= La Salle, Jackson County, Texas =

Unincorporated community in Texas, US

La Salle is an unincorporated community in Jackson County, Texas, United States. According to the Handbook of Texas, the community had an estimated population of 103 in 2000.

==Geography==
La Salle is located at (28.7916577, -96.6691449). It is situated along FM 616 in southwestern Jackson County, approximately 16 miles south of Edna and 22 miles east of Victoria.

==History==
In 1875, J.M. Bennett and brothers Sol and Ike West founded a cattle ranch at the site. The Missouri Pacific Railroad passed through the property in 1909. The three associates named the station Benwest, after the surnames of the owners. The name was changed to Bennview when the West brothers withdrew from the partnership in 1922. A town site was surveyed in 1924 and Bennett promoted a land sale that attracted a number of Poles and Czechs to the community. A post office was established at Bennview in 1928 and remained operational until 1930. Seven years later, citizens changed the name from Bennview to La Salle in recognition of the French colonization of Texas that existed in the area in the 17th century, and a new post office opened along with a school and general store.
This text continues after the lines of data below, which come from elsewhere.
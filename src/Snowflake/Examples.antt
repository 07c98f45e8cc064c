-- ===== src/Snowflake/Examples.antt =====
-- The theorems about the id worker at concrete clocks and workers, and runs of it.
use django_clickhouse_backen.Prelude.{◌+◌, ◌/◌, ◌≡◌, ◌≢◌, refl, inr, [], ◌∷◌, All, arith}
use django_clickhouse_backen.Prelude.Int.{ℤ, pos, negsuc, or_ℤ, shift_left}
use django_clickhouse_backen.Snowflake.{
  Worker, Clock, init, worker, twepoch, waiting, get_id, issue, finish, new_id,
}
use django_clickhouse_backen.Snowflake.Order.{AfterEpoch, Above, issue-init-Above}
use django_clickhouse_backen.Snowflake.Workers.{issue-ne-issue}
use django_clickhouse_backen.Snowflake.Answers.{get_id-ends}

-- Each millisecond is read twice.
abbrev slow : Clock
slow n = twepoch + 5 + n / 2

slow-AfterEpoch : AfterEpoch slow
slow-AfterEpoch n = omega arith

abbrev first : Worker
first = record { worker_id = pos 3; datacenter_id = pos 1; sequence = 7; last_timestamp = negsuc 0 }

abbrev second : Worker
second = record {
  worker_id = pos 4;
  datacenter_id = pos 1;
  sequence = 0;
  last_timestamp = negsuc 0;
}

made_first : init (pos 1) (pos 3) 7 ≡ worker first
unfolding init
made_first = refl

made_second : init (pos 1) (pos 4) 0 ≡ worker second
unfolding init
made_second = refl

run : issue slow 3 3 first 0 ≡ pos 21114880 ∷ pos 21114881 ∷ pos 25309184 ∷ []
unfolding issue get_id finish new_id or_ℤ shift_left
run = refl

issue-init-Above_example : Above 0 (issue slow 3 3 first 0)
issue-init-Above_example =
    issue-init-Above slow 3 3 0 (pos 1) (pos 3) 7 first slow-AfterEpoch made_first

threes_fours : ◌≢◌ {A = ℤ} (pos 3) (pos 4)
threes_fours = ground arith

issue-ne-issue_example :
    All (λ i. All (λ j. i ≢ j) (issue slow 3 2 second 0)) (issue slow 3 3 first 0)
issue-ne-issue_example =
    issue-ne-issue slow slow 3 3 3 2 0 0 (pos 1) (pos 3) (pos 1) (pos 4) 7 0 first second
      slow-AfterEpoch slow-AfterEpoch made_first made_second (inr threes_fours)

-- A worker at the end of the millisecond 5 after the epoch.
abbrev full : Worker
full = record first { sequence = 4095; last_timestamp = pos (twepoch + 5) }

get_id-ends_example : (get_id slow 3 full 0).0 ≢ waiting
get_id-ends_example = get_id-ends slow 3 full 0 1 refl (omega arith)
La Salle's population rose from an estimated 60 residents in 1941 to just over 100 by the early 1970s. Thereafter, the community experienced a period of decline. The population fell to 75 in the late 1980s and remained at that level until 2000, when the number of inhabitants rose to approximately 103.

La Salle has a post office with the ZIP code 77969.

==Education==
Public education in the community of La Salle is provided by the Industrial Independent School District.